### What the exercise asks:
Only the number is wanted: how many lines in the material below contain "else".

### Data records:
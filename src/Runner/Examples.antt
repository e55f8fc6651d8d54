-- ===== src/Runner/Examples.antt =====
-- internal/runner/runner.go: runs of a case, and the theorems at them.
use dittobench_api.Base.{
  ◌==◌, nat_eq, String, true, none, some, [], ◌∷◌, ◌≡◌, ◌↔◌, refl, if◌then◌else◌, map,
}
use dittobench_api.Runner.{
  live, expired, answered, World, AttemptTelemetry, run_one_with_telemetry, seed_timeout_for,
}
use dittobench_api.Runner.Delivery.{Arrives, attempts_of, delivered_iff}

-- The harness is overloaded at first.
abbrev busy_first : World String
busy_first = record {
  encoded = true;
  exchange = λ n. if n == 0 then answered 429 none else answered 200 (some "hello");
  duration = λ n. 40;
  after_pause = λ n. live;
  at_end = live;
  total = 330;
}

outcomes :
    map AttemptTelemetry.outcome (run_one_with_telemetry busy_first 3).execution.attempts
    ≡ "rate_limited" ∷ "success" ∷ []
unfolding run_one_with_telemetry
outcomes = refl

-- Without a retry the overload is the case's outcome.
single : (run_one_with_telemetry busy_first 0).execution.terminal_outcome ≡ "rate_limited"
unfolding run_one_with_telemetry
single = refl

out_of_time :
    (run_one_with_telemetry
      (record busy_first { after_pause = λ n. expired })
      3).execution.terminal_outcome
    ≡ "timeout"
unfolding run_one_with_telemetry
out_of_time = refl

raised : seed_timeout_for 900 1200 8 ≡ 1200
unfolding seed_timeout_for
raised = refl

delivered_iff_example :
    ((run_one_with_telemetry busy_first 3).response ≡ some "hello")
    ↔ ((busy_first.encoded ≡ true) × Arrives busy_first "hello" (attempts_of 3) 0)
delivered_iff_example = delivered_iff busy_first 3 "hello"
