-- ===== src/Sandbox.antt =====
-- internal/sandbox: what the extraction of a submitted archive may write (tarball.go), and which archives
-- of screened images are accepted (image.go).
pub mod SafeJoin
pub mod Extract
pub mod Limits
pub mod Image
mod Examples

### Solution to this exercise:
2